# Jointer



## jeff3285 (Jan 28, 2016)

I don't know if anyone has ever seen this homemade jointer...I got the plans for woodsmith..and edge jointing was what I wanted a jointer for...it can edge joint up to just a little over 2 inches...I personally love it...I just thought that maybe a few of you might want one for yourselves..


----------



## TimPa (Jan 27, 2010)

that is impressive, and looks like it should do the job. maybe for your next bit go with a solid carbide spiral.

darn clever...


----------



## Bob Bengal (Jan 2, 2021)

jeff3285 said:


> I don't know if anyone has ever seen this homemade jointer...I got the plans for woodsmith.


Very cool, thanks for posting it. If I try it I'd like to increase the length of the tables.









Shop-Built Router Jointer


No room for a jointer? You can convert your hand-held router into a precision tool that creates perfect edges for smooth joinery on stock up to 1-1/2" thick. The plan design includes the same features you'd find on a full-size jointer — adjustable tables, built-in guard, and dust collection port...




www.woodsmithplans.com


----------



## Rebelwork (Jan 15, 2012)

Certainly interesting, but wouldnt it be the same as setting up a router table?


----------



## Steve Neul (Sep 2, 2011)

Looks well built but I think the router turns the wrong direction for that. It should turn clockwise toward the front.


----------



## Bob Bengal (Jan 2, 2021)

Steve Neul said:


> Looks well built but I think the router turns the wrong direction for that. It should turn clockwise toward the front.


Standing in front of the jointer you are looking at the bottom of the router so you see it turn counter clockwise. If you look at the guard you see that the work piece is moved in the opposite direction from most joiners, but it is the correct direction for the router. Yeah, looked strange to me at first too lol.


----------



## woodnthings (Jan 24, 2009)

Steve Neul said:


> Looks well built but I think the router turns the wrong direction for that. It should turn clockwise toward the front.

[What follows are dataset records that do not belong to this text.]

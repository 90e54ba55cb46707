-- ===== src/Http/Sessions/Issued.antt =====
-- Which cookies are taken for a session.
use macftpd.Prelude.{
  ℕ, ◌^◌, ◌<◌, ◌≡◌, refl, Bool, true, false, not, Option, none, some, List, [], ◌∷◌, ◌++◌, ◌∙◌, ap,
  subst, if◌then◌else◌, arith, All, ◌≢◌, pos, Bool-cases, Option-cases, inl, inr,
}
use macftpd.Text.{Text, split, join, ◌=ₜ◌, =ₜ_iff}
use macftpd.Text.Laws.{Lacks, join-append, split-join, =ₜ_refl}
use macftpd.Clock.{Time, after}
use macftpd.Ftp.Ports.{print_nat}
use macftpd.Ftp.Ports.Numbers.{print_nat-All}
use macftpd.Http.Sessions.{
  Signer, IsSigner, from_unix, expiry, in_time, session_cookie, session_of, session_decoded,
  verify_session, share_cookie, verify_share_cookie,
}

number-Lacks : (n : ℕ) → Lacks b'|' (print_nat n)
number-Lacks n = print_nat-All (λ c. c ≢ b'|') (λ d h. ground arith) n

-- parts behind bars, and one more, are read back
split_signed :
    (x y : Text) (xs : List Text)
    → All (Lacks b'|') ((x ∷ xs) ++ y ∷ [])
    → split b'|' (join b'|' (x ∷ xs) ++ b'|' ∷ y) ≡ (x ∷ xs) ++ y ∷ []
unfolding join
split_signed x y xs lack =
    ap (λ t. split b'|' t) (join-append b'|' x y xs []) ∙ split-join b'|' x (xs ++ y ∷ []) lack

decided :
    (late : Bool) (name : Text)
    → (if not late then some name else none) ≡ (if late then none else some name)
decided true name = refl
decided false name = refl

module _ (c : Signer) (ok : IsSigner c) where
  -- a text of three parts with its signature is a session
  signed_session :
      (now : Time) (name nonce : Text) (n : ℕ)
      → Lacks b'|' name
      → Lacks b'|' nonce
      → n < 2 ^ 63
      → verify_session c now (
          c.encode (
            join b'|' (name ∷ print_nat n ∷ nonce ∷ [])
            ++ b'|' ∷ c.sign (join b'|' (name ∷ print_nat n ∷ nonce ∷ []))))
        ≡ (if after now (from_unix (pos n)) then none else some name)
  unfolding verify_session
  signed_session now name nonce n plain_name plain_nonce small =
      rw
        (
          ok.decode_encode (
              join b'|' (name ∷ print_nat n ∷ nonce ∷ [])
              ++ b'|' ∷ c.sign (join b'|' (name ∷ print_nat n ∷ nonce ∷ []))),
          split_signed name (c.sign (join b'|' (name ∷ print_nat n ∷ nonce ∷ [])))
              (print_nat n ∷ nonce ∷ [])
              (plain_name, (number-Lacks n, (plain_nonce, (ok.plain_sign _, tt)))),
          =ₜ_refl (c.sign (join b'|' (name ∷ print_nat n ∷ nonce ∷ []))),
          ok.scan_print n small,
        )
        (decided (after now (from_unix (pos n))) name)

  -- The cookie that a login sets names the user until twelve hours have passed, to the second, and nobody
  -- after that. User names have no bar.
  pub verify_session-session_cookie :
      (set now : Time) (username nonce : Text)
      → Lacks b'|' username
      → expiry set < 2 ^ 63
      → verify_session c now (session_cookie c set username nonce)
        ≡ (if after now (from_unix (pos (expiry set))) then none else some username)
  unfolding session_cookie
  verify_session-session_cookie set now username nonce plain small =
      signed_session now username (c.encode nonce) (expiry set) plain (ok.plain_encode nonce) small

  -- The cookie of a protected link lets in who has the token of the link until twelve hours have passed.
  pub verify_share_cookie-share_cookie :
      (set now : Time) (id token : Text)
      → Lacks b'|' id
      → expiry set < 2 ^ 63
      → verify_share_cookie c now (some (share_cookie c set id token)) id token
        ≡ not (after now (from_unix (pos (expiry set))))
  unfolding verify_share_cookie share_cookie
  verify_share_cookie-share_cookie set now id token plain small =
      rw
        (
          ok.decode_encode (
              join b'|' (id ∷ print_nat (expiry set) ∷ [])
              ++ b'|' ∷ c.sign (join b'|' (id ∷ print_nat (expiry set) ∷ []) ++ b'|' ∷ token)),
          split_signed id (c.sign (join b'|' (id ∷ print_nat (expiry set) ∷ []) ++ b'|' ∷ token))
              (print_nat (expiry set) ∷ [])
              (plain, (number-Lacks (expiry set), (ok.plain_sign _, tt))),
          =ₜ_refl id,
          =ₜ_refl (c.sign (join b'|' (id ∷ print_nat (expiry set) ∷ []) ++ b'|' ∷ token)),
          ok.scan_print (expiry set) small,
        )
        (ground arith)

  -- The signature in the cookie of a protected link also signs a session: with the token of the link put
  -- before it, the cookie is taken for a session of a user that is named as the link is.
  pub share_cookie-is_session :
      (set now : Time) (id token : Text)
      → Lacks b'|' id
      → Lacks b'|' token
      → expiry set < 2 ^ 63
      → after now (from_unix (pos (expiry set))) ≡ false
      → (payload : Text) × (mac : Text) × (share_cookie c set id token
          ≡ c.encode (payload ++ b'|' ∷ mac))
        × (verify_session c now (c.encode ((payload ++ b'|' ∷ token) ++ b'|' ∷ mac)) ≡ some id)
  unfolding share_cookie verify_session join
  share_cookie-is_session set now id token plain_id plain_token small early = (
    join b'|' (id ∷ print_nat (expiry set) ∷ []),
    c.sign (join b'|' (id ∷ print_nat (expiry set) ∷ []) ++ b'|' ∷ token),
    refl,
    rw (join-append b'|' id token (print_nat (expiry set) ∷ []) [])
        (signed_session now id token (expiry set) plain_id plain_token small ∙ rw early refl),
  )

  abbrev session_if : Signer → Time → Bool → Text → Text → Option Text
  session_if c now right a b =
      if not right then none else if in_time c now (c.scan b) then some a else none

  session_parts :
      (now : Time) (name : Text) (ps : List Text)
      → session_of c now ps ≡ some name
      → (until : Text) × (nonce : Text) × (ps
          ≡ name ∷ until ∷ nonce ∷ c.sign (join b'|' (name ∷ until ∷ nonce ∷ [])) ∷ [])
        × (in_time c now (c.scan until) ≡ true)
  session_parts now name [] h = cc
  session_parts now name (a ∷ []) h = cc
  session_parts now name (a ∷ b ∷ []) h = cc
  session_parts now name (a ∷ b ∷ d ∷ []) h = cc
  session_parts now name (a ∷ b ∷ d ∷ e ∷ f ∷ ps) h = cc
  session_parts now name (a ∷ b ∷ d ∷ mac ∷ []) h =
      elim (Bool-cases (c.sign (join b'|' (a ∷ b ∷ d ∷ [])) =ₜ mac)) [
        | inr e ↦ absurd (let bad = subst (λ x. session_if c now x a b ≡ some name) e h in cc)
        | inl e ↦
            let mine : session_if c now true a b ≡ some name =
              subst (λ x. session_if c now x a b ≡ some name) e h in
            let signed : c.sign (join b'|' (a ∷ b ∷ d ∷ [])) ≡ mac = (=ₜ_iff _ mac).0 e in
            elim (Bool-cases (in_time c now (c.scan b))) [
              | inr late ↦
                  absurd (
                    let bad = subst (λ x. (if x then some a else none) ≡ some name) late mine in cc)
              | inl early ↦
                  let same = subst (λ x. (if x then some a else none) ≡ some name) early mine in
                  (b, d, cc, early)
            ]
      ]

  -- Nothing is taken for a session but what the key of the server signed: the cookie holds a text of three
  -- parts, which the name leads, with its signature.
  pub verify_session_sound :
      (now : Time) (raw name : Text)
      → verify_session c now raw ≡ some name
      → (until : Text) × (nonce : Text) × (token : Text) × (c.decode raw ≡ some token)
        × (split b'|' token
            ≡ name ∷ until ∷ nonce ∷ c.sign (join b'|' (name ∷ until ∷ nonce ∷ [])) ∷ [])
        × (in_time c now (c.scan until) ≡ true)
  unfolding verify_session
  verify_session_sound now raw name h = elim (Option-cases (c.decode raw)) [
    | inl e ↦ absurd (let bad = subst (λ d. session_decoded c now d ≡ some name) e h in cc)
    | inr (token, e) ↦
        let (until, nonce, parts, early) =
          session_parts now name (split b'|' token)
            (subst (λ d. session_decoded c now d ≡ some name) e h) in
        (until, nonce, token, e, parts, early)
  ]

Routers only turn in one direction, so he's made the infeed on the correct end to fed to work into the cutter's rotation, not with it.
It doesn't matter which way the cutter spins, a jointer spins the other direction, as long as the work is fed in opposing that rotation.


----------



## Rebelwork (Jan 15, 2012)

Left twix, right twix. I'm not learning to run things in reverse...


----------



## woodnthings (Jan 24, 2009)

Rebelwork said:


> Certainly interesting, but wouldn't it be the same as setting up a router table?

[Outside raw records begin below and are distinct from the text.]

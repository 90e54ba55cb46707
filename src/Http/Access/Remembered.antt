-- ===== src/Http/Access/Remembered.antt =====
-- The session after a login.
use macftpd.Prelude.{◌<◌, ◌^◌, ◌≡◌, refl, true, false, Option, none, some, pos, ◌∙◌}
use macftpd.Text.{Text}
use macftpd.Text.Laws.{Lacks}
use macftpd.Clock.{Time, after}
use macftpd.Auth.{User, PermissionSet, permissions_of}
use macftpd.Auth.Password.{Crypto}
use macftpd.Ratelimit
use macftpd.Http.Sessions.{Signer, IsSigner, session_cookie, verify_session, from_unix, expiry}
use macftpd.Http.Sessions.Issued.{verify_session-session_cookie}
use macftpd.Http.Request.{Net, Request, Server, Env, same_origin_unsafe}
use macftpd.Http.Access.{
  Guarded, answered, LoginAnswer, rejected, accepted, caller_of, guarded, authenticate_request,
  require_admin,
}
use macftpd.Http.Access.Admitted.{tested, guarded-tested}

-- what the guard answers to an account that may be there
abbrev pub for_account : Option (User × PermissionSet) → Guarded
for_account none = answered 401
for_account (some (user, perms)) = tested perms.admin user perms

module _ (c : Crypto) (k : Signer) (net : Net) where
  -- an answer that sets a cookie sets the user's
  abbrev Sets : Env → Text → LoginAnswer → Type 0
  Sets env nonce (rejected status) = Unit
  Sets env nonce (accepted username cookie) = cookie ≡ session_cookie k env.now username nonce

  guarded-for_account :
      (env : Env) (q : Request) (s : Server) (found : Option (User × PermissionSet))
      → (guarded c k net env q (s, caller_of c k net env found)).1 ≡ for_account found
  guarded-for_account env q s none = refl
  guarded-for_account env q s (some (user, perms)) = guarded-tested c k net env q s user perms

  recognised :
      (env : Env) (q : Request) (s : Server) (raw name : Text)
      → q.basic ≡ none
      → q.session ≡ some raw
      → verify_session k env.now raw ≡ some name
      → authenticate_request c k net env q s ≡ (s, caller_of c k net env (permissions_of s.db name))
  unfolding authenticate_request
  recognised env q s raw name bare held read = rw (bare, held, read) refl

  -- what the guard answers to a request with the cookie of a session
  pub cookie-require_admin :
      IsSigner k
      → (set : Time) (later : Env) (next : Request) (nonce username : Text) (t : Server)
      → Lacks b'|' username
      → expiry set < 2 ^ 63
      → after later.now (from_unix (pos (expiry set))) ≡ false
      → next.basic ≡ none
      → next.session ≡ some (session_cookie k set username nonce)
      → same_origin_unsafe net next ≡ true
      → (require_admin c k net later next t).1 ≡ for_account (permissions_of t.db username)
  unfolding require_admin
  cookie-require_admin ok set later next nonce username t plain small early bare held same =
      let read : verify_session k later.now (session_cookie k set username nonce) ≡ some username =
        verify_session-session_cookie k ok set later.now username nonce plain small
        ∙ rw early refl in
      rw
        (
          same,
          recognised later next t (session_cookie k set username nonce) username bare held read,
        )
        (guarded-for_account later next t (permissions_of t.db username))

Yes, but his is small enough to store on a shelf in a small shop. Not so much with a table router.


----------



## Steve Neul (Sep 2, 2011)

Bob Bengal said:


> Standing in front of the jointer you are looking at the bottom of the router so you see it turn counter clockwise. If you look at the guard you see that the work piece is moved in the opposite direction from most joiners, but it is the correct direction for the router. Yeah, looked strange to me at first too lol.


After a second look I see it's made to run backwards. Will feel real strange if he ever gets a real jointer after running that one. .


----------



## Rebelwork (Jan 15, 2012)

woodnthings said:


> Yes, but his is small enough to store on a shelf in a small shop. Not so much with a table router.

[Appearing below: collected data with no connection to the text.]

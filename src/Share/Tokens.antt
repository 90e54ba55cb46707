-- ===== src/Share/Tokens.antt =====
-- internal/share/share.go: the making of a link and the test of its token and password. SHA-256 and the
-- URL-safe base64 are parameters.
use macftpd.Prelude.{
  Bool, true, false, ◌&&◌, not, Option, none, some, List, [], ◌∷◌, ◌++◌, if◌then◌else◌,
}
use macftpd.Text.{Text, codes, is_empty, trim_space, ◌=ₜ◌, text_eq}
use macftpd.Dict.{Dict, get, put}
use macftpd.Clock.{Time}
use macftpd.Auth.Password.{Crypto, verify_password, hash_password}
use macftpd.Share.{
  Link, PublicLink, CreateRequest, Store, Error, not_found, denied, bad_kind, no_random,
  hash_failed, Result, ok, err, Outcome, save, public, available, clean_path,
}

pub record Digest : Type 0 where
  -- `sha256.Sum256`
  pub sha256 : Text → Text
  -- `base64.RawURLEncoding`
  pub encode : Text → Text

unfoldable pub hash_token : Digest → Text → Text
hash_token d token = d.encode (d.sha256 token)

abbrev drawn : Text → Option Link → Option Text → Option Text
drawn id none later = some id
drawn id (some taken) later = later

-- the loop over the drawn identifiers, until one that is not in use; where they end, a draw has failed
unfoldable pub fresh_id : Dict Text Link → List Text → Option Text
fresh_id links [] = none
fresh_id links (id ∷ ids) = let rest = fresh_id links ids in drawn id (get id links) rest

abbrev upload_kind : Text
upload_kind = codes "upload"

-- `req.Kind != KindDownload && req.Kind != KindUpload`
unfoldable pub is_bad_kind : Text → Bool
is_bad_kind kind = not (kind =ₜ codes "download") && not (kind =ₜ upload_kind)

module _ (c : Crypto) (d : Digest) where
  unfoldable pub validate : Time → Link → Text → Text → Bool → Option Error
  validate now link token password already_verified = elim (available now link 0) [
    | some e ↦ some e
    | none ↦
        if not (hash_token d token =ₜ link.token_hash)
        then some denied
        else if not (is_empty link.password_hash)
            && not already_verified
            && not (verify_password c link.password_hash password)
        then some denied
        else none
  ]

  abbrev answer : Link → Option Error → Result PublicLink
  answer link none = ok (public link)
  answer link (some e) = err e

  abbrev verify_found : Time → Text → Text → Bool → Option Link → Result PublicLink
  verify_found now token password already_verified none = err not_found
  verify_found now token password already_verified (some link) =
      answer link (validate now link token password already_verified)

  unfoldable pub verify : Time → Text → Text → Text → Store → Result PublicLink
  verify now id token password s = verify_found now token password false (get id s.links)

  unfoldable pub verify_authorized : Time → Text → Text → Store → Result PublicLink
  verify_authorized now id token s = verify_found now token [] true (get id s.links)

  unfoldable pub new_link : Time → CreateRequest → Text → Text → Text → Link
  new_link now req id token password_hash = record {
    id = id;
    kind = req.kind;
    path = clean_path req.path;
    url_path = (if req.kind =ₜ upload_kind then codes "/d/" else codes "/s/") ++ id ++ b'/' ∷ token;
    label = trim_space req.label;
    created_by = req.created_by;
    created_at = now;
    expires_at = req.expires_at;
    max_downloads = req.max_downloads;
    download_count = 0;
    last_download_at = 0;
    token_hash = hash_token d token;
    password_hash = password_hash;
    allow_overwrite = req.allow_overwrite;
    disabled = false;
  }

  -- no hash without a password
  abbrev pub password_hash_of : Option Text → Text → Option Text
  password_hash_of salt [] = some []
  password_hash_of salt (p ∷ password) = hash_password c salt (p ∷ password)

  abbrev store_link :
      Bool → Time → CreateRequest → Text → Text → Option Text → Store → Outcome (PublicLink × Text)
  store_link saved now req token hash none s = (err no_random, s)
  store_link saved now req token hash (some id) s =
      let link = new_link now req id token hash in
      save saved (public link, token) (record s { links = put id link s.links })

  abbrev hash_link :
      Bool
      → Time
      → CreateRequest
      → List Text
      → Text
      → Option Text
      → Store
      → Outcome (PublicLink × Text)
  hash_link saved now req ids token none s = (err hash_failed, s)
  hash_link saved now req ids token (some hash) s =
      store_link saved now req token hash (fresh_id s.links ids) s

  -- `ids` are the identifiers that are drawn one after the other, `token` the drawn token, and `salt` that of
  -- a password; a draw that fails is missing.
  unfoldable pub create :
      Bool
      → Time
      → List Text
      → Option Text
      → Option Text
      → CreateRequest
      → Store
      → Outcome (PublicLink × Text)
  create saved now ids token salt req s =
      if is_bad_kind req.kind then (err bad_kind, s) else elim ids [
        | [] ↦ (err no_random, s)
        | id ∷ rest ↦ elim token [
          | none ↦ (err no_random, s)
          | some t ↦ hash_link saved now req (id ∷ rest) t (password_hash_of salt req.password) s
        ]
      ]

Hell while hes storing his on a shelf I'm changing bits and setups and getting something else out of my router table.


----------



## KI5AAI (Nov 4, 2021)

It is a clever design. I think that making a small router table would give you the same functionality and more and almost the same size.


----------



## TimPa (Jan 27, 2010)

bear in mind that the router table similarity would only apply if there is a split fence. and, it would need to be a fairly easily and accurately adjustable one.


----------



## DrRobert (Apr 27, 2015)

TimPa said:


> bear in mind that the router table similarity would only apply if there is a split fence. and, it would need to be a fairly easily and accurately adjustable one.


If it’s not split the outfeed can be padded out with veneer, laminate, etc.

Yes, it’s clever, but you’re tying a router up in a single use device when the same can be done on a router table.


----------



## woodnthings (Jan 24, 2009)

Steve Neul said:


> After a second look I see it's made to run backwards. Will feel real strange if he ever gets a real jointer after running that one. .


No, it's not "running/turning" backwards, you just feed it in from the opposite direction. Just about ZERO learning curve.
Maybe the reason he made a mini jointer is:
He has no room for a full size table jointer.
He can't afford a full size jointer.
He already had a router.
He has no room for a router mounted in a table.

If he had mounted the router on the opposite side, feeding direction would be the same as a full size jointer.
He was smart enough to follow the woodsmith plans, which way to orient the router, blade guard and fence to avoid "climb cutting".


----------



## Rebelwork (Jan 15, 2012)

Or maybe he just wanted to make one...

It's backwards compared to a normal jointer..


----------



## JIMDC49 (Oct 17, 2021)

Here is 1 I built by ripping a 2x4 and building around a 6 3/4" Makita planer. Very simple and can do up to 6 3/4" wide. The added fence was because of plywood edges.


----------